* [Task instructions]: Reproduce verbatim the lines of the material below, starting at the line with "-- g_sockaddr_format of the address." and ending at the line with "-- afsocket_sd_init_instance on a new driver", both inclusive; skip the rest.

* [Input data]:
'''

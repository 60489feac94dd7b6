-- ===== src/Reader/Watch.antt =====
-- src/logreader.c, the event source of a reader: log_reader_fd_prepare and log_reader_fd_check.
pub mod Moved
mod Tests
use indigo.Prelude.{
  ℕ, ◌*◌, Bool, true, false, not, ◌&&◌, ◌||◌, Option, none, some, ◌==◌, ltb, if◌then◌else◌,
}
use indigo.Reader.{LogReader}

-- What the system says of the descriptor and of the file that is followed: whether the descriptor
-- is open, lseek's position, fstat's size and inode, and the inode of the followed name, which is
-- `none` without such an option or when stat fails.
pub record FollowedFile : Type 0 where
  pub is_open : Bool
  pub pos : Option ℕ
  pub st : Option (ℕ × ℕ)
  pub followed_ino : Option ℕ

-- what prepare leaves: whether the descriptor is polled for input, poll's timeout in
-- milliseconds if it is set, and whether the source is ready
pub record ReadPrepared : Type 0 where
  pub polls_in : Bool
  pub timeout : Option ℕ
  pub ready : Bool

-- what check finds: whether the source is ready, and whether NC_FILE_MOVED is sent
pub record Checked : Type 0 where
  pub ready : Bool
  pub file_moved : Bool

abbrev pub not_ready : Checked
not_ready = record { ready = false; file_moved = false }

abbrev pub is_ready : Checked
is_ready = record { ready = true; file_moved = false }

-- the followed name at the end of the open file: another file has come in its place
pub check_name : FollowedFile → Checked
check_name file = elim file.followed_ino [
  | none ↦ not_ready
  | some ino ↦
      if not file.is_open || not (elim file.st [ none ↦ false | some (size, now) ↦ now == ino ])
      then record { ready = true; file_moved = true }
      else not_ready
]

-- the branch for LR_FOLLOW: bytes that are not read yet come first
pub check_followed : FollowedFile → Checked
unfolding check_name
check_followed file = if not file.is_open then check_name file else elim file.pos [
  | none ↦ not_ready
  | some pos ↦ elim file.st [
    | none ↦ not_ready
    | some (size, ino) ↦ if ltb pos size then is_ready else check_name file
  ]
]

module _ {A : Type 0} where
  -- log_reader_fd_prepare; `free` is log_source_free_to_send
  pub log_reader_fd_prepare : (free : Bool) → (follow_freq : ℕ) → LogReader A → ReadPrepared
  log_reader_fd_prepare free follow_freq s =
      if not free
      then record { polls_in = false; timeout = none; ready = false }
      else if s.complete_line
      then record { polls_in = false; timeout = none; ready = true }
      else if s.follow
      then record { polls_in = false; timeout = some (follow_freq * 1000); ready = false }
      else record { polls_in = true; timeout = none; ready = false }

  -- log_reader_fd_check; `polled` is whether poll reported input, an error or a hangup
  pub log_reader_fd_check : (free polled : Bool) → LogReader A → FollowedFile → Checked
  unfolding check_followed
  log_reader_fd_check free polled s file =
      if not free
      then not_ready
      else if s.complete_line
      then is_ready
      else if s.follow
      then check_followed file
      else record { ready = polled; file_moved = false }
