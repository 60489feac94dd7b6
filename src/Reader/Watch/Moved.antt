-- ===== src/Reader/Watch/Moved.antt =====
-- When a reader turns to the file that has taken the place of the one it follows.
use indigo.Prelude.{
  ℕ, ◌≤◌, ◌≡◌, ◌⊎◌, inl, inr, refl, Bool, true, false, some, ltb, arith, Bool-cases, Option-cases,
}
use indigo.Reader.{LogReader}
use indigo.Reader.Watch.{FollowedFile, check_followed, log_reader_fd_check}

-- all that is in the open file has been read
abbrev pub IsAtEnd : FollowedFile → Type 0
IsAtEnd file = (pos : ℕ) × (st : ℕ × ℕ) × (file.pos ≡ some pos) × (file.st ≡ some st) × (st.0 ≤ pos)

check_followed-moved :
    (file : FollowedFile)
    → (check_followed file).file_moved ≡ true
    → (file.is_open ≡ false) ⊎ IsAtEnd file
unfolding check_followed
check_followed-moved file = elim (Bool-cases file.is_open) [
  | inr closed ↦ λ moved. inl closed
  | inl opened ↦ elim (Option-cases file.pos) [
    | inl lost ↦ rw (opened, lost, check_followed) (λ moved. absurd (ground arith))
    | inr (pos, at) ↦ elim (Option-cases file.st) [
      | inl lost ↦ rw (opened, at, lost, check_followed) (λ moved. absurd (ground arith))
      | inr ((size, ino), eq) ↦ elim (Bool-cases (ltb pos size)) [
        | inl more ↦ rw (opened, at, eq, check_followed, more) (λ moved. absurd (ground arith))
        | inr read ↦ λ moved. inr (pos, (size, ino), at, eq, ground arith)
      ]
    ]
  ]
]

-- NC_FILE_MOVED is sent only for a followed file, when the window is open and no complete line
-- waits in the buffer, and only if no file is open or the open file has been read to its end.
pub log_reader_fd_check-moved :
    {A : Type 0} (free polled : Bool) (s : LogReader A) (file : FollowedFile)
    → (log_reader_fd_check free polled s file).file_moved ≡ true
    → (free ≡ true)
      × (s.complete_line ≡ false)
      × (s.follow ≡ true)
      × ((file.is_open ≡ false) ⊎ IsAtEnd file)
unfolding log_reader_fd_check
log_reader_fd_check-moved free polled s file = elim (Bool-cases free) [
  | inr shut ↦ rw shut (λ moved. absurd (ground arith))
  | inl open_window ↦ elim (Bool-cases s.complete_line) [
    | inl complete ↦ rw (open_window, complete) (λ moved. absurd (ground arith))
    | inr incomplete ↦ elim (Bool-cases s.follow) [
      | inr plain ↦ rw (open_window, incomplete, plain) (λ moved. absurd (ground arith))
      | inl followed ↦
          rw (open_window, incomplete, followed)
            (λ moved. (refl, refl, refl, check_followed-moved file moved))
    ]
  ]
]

'''
'''

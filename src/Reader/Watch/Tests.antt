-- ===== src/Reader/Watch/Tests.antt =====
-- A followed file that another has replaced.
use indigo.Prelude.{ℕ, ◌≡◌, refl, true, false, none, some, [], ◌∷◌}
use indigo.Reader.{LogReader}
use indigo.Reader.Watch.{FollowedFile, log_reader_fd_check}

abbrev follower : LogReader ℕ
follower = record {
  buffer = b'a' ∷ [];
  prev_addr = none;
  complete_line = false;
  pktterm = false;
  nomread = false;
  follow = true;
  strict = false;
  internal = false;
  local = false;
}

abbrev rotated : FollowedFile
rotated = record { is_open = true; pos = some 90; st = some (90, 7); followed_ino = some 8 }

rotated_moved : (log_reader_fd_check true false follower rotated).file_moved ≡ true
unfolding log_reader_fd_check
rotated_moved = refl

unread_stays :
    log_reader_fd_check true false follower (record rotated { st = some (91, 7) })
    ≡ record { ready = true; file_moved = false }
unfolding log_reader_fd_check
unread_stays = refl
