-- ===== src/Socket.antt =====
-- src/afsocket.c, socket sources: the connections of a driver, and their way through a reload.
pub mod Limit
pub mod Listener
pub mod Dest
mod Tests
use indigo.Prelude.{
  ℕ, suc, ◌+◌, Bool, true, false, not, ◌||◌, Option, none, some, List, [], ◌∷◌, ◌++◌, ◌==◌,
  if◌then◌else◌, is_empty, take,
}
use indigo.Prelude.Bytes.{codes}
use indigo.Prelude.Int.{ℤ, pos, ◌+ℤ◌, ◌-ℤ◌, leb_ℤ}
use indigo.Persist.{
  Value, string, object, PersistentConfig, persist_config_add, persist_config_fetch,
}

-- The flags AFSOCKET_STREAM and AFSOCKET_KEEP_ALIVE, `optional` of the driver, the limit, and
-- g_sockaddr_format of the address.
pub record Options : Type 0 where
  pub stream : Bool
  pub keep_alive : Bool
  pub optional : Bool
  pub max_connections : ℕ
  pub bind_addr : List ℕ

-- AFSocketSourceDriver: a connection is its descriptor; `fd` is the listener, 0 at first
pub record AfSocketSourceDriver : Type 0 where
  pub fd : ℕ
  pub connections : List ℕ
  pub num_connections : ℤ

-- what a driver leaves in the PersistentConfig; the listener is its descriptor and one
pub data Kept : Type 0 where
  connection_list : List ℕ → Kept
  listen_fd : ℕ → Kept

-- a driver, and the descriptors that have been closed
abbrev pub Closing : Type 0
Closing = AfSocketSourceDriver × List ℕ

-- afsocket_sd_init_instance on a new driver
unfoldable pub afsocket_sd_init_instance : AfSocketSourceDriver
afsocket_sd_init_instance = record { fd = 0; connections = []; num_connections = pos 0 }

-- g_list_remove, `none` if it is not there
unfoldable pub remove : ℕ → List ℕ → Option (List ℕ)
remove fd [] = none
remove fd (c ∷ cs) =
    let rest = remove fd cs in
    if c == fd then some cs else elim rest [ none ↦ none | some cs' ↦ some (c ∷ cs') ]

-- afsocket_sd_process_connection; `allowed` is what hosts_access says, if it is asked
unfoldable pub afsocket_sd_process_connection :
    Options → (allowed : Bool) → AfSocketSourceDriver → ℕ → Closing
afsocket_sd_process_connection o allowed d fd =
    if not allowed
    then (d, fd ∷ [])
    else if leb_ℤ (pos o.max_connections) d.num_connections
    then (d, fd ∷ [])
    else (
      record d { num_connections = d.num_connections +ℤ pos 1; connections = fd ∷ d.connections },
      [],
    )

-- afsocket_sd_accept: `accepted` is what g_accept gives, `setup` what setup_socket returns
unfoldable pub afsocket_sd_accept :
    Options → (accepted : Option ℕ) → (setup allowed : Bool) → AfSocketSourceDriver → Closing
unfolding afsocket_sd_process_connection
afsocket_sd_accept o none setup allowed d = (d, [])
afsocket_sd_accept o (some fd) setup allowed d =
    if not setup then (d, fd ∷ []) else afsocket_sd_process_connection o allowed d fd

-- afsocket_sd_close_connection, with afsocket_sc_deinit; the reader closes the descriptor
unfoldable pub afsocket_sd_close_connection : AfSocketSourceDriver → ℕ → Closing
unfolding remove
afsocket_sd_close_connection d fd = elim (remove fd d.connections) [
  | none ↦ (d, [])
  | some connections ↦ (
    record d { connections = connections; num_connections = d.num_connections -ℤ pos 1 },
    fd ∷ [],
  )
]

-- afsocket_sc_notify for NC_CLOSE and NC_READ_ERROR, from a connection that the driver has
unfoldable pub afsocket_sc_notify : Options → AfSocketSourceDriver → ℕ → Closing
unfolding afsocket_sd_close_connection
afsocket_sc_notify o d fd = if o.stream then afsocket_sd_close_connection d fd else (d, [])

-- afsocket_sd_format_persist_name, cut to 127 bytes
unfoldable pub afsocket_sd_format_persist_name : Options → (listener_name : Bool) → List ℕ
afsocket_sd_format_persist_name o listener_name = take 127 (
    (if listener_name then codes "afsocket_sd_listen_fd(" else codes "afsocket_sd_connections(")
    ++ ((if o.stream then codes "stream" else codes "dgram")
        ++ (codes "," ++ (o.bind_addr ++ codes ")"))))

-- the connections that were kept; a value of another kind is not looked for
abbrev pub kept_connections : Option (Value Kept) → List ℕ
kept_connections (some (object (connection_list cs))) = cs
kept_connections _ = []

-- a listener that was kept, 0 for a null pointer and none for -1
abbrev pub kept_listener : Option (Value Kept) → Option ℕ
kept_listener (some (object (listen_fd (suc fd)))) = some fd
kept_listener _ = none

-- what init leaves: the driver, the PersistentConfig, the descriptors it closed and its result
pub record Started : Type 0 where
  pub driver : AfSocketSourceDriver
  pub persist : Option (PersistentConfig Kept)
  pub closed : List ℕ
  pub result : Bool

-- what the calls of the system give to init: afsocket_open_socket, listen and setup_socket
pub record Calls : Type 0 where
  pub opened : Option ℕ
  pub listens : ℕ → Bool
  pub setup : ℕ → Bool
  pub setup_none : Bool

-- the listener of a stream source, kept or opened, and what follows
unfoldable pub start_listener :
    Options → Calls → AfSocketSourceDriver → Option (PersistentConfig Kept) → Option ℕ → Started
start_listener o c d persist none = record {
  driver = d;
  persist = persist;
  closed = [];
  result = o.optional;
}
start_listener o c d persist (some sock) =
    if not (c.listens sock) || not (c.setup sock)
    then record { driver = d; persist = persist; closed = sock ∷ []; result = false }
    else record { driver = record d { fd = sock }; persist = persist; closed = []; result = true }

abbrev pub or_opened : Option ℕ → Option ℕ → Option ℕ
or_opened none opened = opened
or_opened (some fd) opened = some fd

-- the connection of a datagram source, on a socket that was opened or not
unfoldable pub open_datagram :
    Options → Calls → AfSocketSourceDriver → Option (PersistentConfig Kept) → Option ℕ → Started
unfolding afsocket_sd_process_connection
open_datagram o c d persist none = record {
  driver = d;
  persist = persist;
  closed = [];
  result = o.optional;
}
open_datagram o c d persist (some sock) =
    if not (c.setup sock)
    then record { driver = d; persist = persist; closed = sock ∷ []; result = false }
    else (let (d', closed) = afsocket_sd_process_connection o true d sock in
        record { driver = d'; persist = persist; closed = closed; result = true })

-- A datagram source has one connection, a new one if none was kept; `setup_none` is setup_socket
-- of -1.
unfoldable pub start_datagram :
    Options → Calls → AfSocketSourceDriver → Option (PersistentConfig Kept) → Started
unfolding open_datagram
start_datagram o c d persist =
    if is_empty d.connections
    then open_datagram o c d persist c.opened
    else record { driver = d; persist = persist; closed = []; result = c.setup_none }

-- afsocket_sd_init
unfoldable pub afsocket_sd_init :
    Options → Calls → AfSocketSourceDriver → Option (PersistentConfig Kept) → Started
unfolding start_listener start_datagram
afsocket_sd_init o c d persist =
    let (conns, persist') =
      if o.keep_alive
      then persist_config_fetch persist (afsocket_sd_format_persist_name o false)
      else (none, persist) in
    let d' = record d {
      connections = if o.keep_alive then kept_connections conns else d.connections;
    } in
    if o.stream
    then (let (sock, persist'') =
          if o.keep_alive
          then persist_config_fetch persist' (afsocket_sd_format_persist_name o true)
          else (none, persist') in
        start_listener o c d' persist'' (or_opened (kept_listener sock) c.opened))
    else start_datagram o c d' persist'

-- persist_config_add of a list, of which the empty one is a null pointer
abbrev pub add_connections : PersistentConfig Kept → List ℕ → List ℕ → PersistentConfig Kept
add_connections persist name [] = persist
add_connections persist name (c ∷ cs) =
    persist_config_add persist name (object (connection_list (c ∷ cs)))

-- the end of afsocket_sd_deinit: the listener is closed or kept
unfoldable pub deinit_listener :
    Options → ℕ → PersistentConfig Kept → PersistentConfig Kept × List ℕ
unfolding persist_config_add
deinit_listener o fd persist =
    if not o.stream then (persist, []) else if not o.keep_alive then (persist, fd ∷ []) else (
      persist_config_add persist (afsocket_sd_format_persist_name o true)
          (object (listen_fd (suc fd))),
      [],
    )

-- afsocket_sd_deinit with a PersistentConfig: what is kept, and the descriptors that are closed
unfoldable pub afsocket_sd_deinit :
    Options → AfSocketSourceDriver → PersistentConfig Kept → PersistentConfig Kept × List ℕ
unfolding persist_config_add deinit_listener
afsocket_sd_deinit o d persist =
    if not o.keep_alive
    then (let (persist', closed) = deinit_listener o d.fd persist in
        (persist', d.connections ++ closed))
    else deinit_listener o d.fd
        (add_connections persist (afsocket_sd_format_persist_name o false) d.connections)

'''
'''

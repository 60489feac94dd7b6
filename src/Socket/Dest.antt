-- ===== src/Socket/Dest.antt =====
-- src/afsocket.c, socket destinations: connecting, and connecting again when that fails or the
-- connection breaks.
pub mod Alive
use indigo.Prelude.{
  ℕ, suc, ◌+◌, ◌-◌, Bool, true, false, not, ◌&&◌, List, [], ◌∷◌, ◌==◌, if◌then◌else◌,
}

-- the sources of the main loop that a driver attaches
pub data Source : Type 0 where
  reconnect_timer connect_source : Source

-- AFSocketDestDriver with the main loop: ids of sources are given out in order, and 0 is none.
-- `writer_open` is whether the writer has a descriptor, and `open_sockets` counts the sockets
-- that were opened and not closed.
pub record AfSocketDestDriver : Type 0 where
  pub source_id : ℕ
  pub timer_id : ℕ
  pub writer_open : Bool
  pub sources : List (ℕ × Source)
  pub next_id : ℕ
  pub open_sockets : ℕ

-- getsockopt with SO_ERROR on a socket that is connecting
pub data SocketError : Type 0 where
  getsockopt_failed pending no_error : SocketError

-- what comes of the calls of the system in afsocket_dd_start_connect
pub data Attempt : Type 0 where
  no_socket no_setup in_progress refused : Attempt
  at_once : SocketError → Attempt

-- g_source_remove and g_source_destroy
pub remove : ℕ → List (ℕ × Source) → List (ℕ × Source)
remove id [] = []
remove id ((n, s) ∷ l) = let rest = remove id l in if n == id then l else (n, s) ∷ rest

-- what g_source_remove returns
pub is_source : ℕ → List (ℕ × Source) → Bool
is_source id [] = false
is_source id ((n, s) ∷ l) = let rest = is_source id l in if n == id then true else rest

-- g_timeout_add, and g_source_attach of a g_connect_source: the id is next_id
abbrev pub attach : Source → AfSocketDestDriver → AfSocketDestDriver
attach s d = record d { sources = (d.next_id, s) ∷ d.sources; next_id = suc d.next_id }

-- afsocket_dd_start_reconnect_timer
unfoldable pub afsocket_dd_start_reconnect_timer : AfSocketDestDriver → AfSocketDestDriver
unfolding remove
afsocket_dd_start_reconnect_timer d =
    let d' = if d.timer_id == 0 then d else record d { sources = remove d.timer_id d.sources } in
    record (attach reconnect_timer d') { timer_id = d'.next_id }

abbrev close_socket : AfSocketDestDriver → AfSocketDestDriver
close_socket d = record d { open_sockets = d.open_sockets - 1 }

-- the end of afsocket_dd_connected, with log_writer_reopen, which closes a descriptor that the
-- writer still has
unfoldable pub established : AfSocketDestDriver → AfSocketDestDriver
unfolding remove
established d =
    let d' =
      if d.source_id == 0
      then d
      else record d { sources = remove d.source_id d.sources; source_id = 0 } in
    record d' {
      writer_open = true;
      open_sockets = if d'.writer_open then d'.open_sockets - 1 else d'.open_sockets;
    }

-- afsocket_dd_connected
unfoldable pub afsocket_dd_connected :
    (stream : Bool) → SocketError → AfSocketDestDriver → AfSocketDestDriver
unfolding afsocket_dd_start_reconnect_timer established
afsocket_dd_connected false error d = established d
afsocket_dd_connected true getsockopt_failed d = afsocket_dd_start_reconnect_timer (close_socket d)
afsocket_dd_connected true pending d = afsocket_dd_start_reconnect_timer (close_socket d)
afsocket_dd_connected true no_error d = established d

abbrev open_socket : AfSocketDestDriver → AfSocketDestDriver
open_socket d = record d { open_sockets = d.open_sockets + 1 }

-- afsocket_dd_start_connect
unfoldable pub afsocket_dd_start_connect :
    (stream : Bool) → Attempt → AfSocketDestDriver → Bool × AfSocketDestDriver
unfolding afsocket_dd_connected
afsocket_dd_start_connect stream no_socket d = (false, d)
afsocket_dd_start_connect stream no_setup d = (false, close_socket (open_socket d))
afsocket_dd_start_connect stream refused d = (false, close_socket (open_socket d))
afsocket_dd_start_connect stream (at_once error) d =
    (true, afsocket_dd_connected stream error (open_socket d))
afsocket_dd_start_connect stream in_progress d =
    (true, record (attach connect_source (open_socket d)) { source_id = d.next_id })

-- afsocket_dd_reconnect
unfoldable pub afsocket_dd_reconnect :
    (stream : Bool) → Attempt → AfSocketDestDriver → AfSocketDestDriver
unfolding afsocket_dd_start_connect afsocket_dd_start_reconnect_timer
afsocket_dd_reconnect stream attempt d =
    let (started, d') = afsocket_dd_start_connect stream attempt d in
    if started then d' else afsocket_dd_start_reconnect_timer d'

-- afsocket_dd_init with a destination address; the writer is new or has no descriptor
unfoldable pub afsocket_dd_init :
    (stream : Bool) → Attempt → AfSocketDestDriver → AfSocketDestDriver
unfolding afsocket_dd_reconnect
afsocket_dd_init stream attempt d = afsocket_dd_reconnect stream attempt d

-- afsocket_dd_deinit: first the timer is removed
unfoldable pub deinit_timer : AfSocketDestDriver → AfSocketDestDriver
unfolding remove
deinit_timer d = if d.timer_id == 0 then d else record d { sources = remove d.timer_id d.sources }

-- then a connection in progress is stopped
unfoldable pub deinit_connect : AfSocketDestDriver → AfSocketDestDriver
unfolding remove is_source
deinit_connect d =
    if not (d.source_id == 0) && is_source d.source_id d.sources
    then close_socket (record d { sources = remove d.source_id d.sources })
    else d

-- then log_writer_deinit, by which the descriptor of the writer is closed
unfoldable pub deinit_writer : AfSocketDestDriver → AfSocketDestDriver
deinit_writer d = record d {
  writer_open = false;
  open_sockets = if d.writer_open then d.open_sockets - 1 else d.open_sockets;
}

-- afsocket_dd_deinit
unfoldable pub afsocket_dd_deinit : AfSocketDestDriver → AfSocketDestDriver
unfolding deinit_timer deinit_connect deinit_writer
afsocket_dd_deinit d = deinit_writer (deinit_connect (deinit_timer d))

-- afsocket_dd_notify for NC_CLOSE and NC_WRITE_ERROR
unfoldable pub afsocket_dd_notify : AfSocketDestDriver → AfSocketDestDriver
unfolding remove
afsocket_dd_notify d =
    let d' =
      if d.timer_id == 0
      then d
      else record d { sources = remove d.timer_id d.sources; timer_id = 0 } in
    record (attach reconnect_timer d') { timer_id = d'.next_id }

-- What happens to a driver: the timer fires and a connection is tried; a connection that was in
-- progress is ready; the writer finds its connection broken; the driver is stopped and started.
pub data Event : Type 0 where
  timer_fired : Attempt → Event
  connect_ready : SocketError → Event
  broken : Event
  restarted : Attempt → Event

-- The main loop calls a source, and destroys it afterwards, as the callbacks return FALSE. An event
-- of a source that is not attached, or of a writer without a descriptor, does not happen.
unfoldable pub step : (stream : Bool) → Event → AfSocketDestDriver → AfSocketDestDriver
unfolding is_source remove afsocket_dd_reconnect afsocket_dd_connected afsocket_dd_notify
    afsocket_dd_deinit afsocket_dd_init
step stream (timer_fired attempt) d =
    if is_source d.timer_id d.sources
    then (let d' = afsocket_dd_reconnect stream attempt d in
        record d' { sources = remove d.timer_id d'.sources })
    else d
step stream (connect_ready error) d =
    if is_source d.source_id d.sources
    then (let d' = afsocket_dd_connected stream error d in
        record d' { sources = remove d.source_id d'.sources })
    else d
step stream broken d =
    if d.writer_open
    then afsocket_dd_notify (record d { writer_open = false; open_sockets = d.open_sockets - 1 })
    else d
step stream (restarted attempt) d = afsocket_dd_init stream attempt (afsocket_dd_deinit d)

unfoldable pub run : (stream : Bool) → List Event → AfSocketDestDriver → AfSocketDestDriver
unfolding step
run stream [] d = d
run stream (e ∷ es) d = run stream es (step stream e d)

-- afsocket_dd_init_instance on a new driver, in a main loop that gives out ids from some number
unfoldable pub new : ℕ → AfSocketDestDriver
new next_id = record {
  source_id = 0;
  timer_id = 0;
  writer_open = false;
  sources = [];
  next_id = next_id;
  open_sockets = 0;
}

'''

* [Task answer]:
-- g_sockaddr_format of the address.
pub record Options : Type 0 where
  pub stream : Bool
  pub keep_alive : Bool
  pub optional : Bool
  pub max_connections : ℕ
  pub bind_addr : List ℕ

-- AFSocketSourceDriver: a connection is its descriptor; `fd` is the listener, 0 at first
pub record AfSocketSourceDriver : Type 0 where
  pub fd : ℕ
  pub connections : List ℕ
  pub num_connections : ℤ

-- what a driver leaves in the PersistentConfig; the listener is its descriptor and one
pub data Kept : Type 0 where
  connection_list : List ℕ → Kept
  listen_fd : ℕ → Kept

-- a driver, and the descriptors that have been closed
abbrev pub Closing : Type 0
Closing = AfSocketSourceDriver × List ℕ

-- afsocket_sd_init_instance on a new driver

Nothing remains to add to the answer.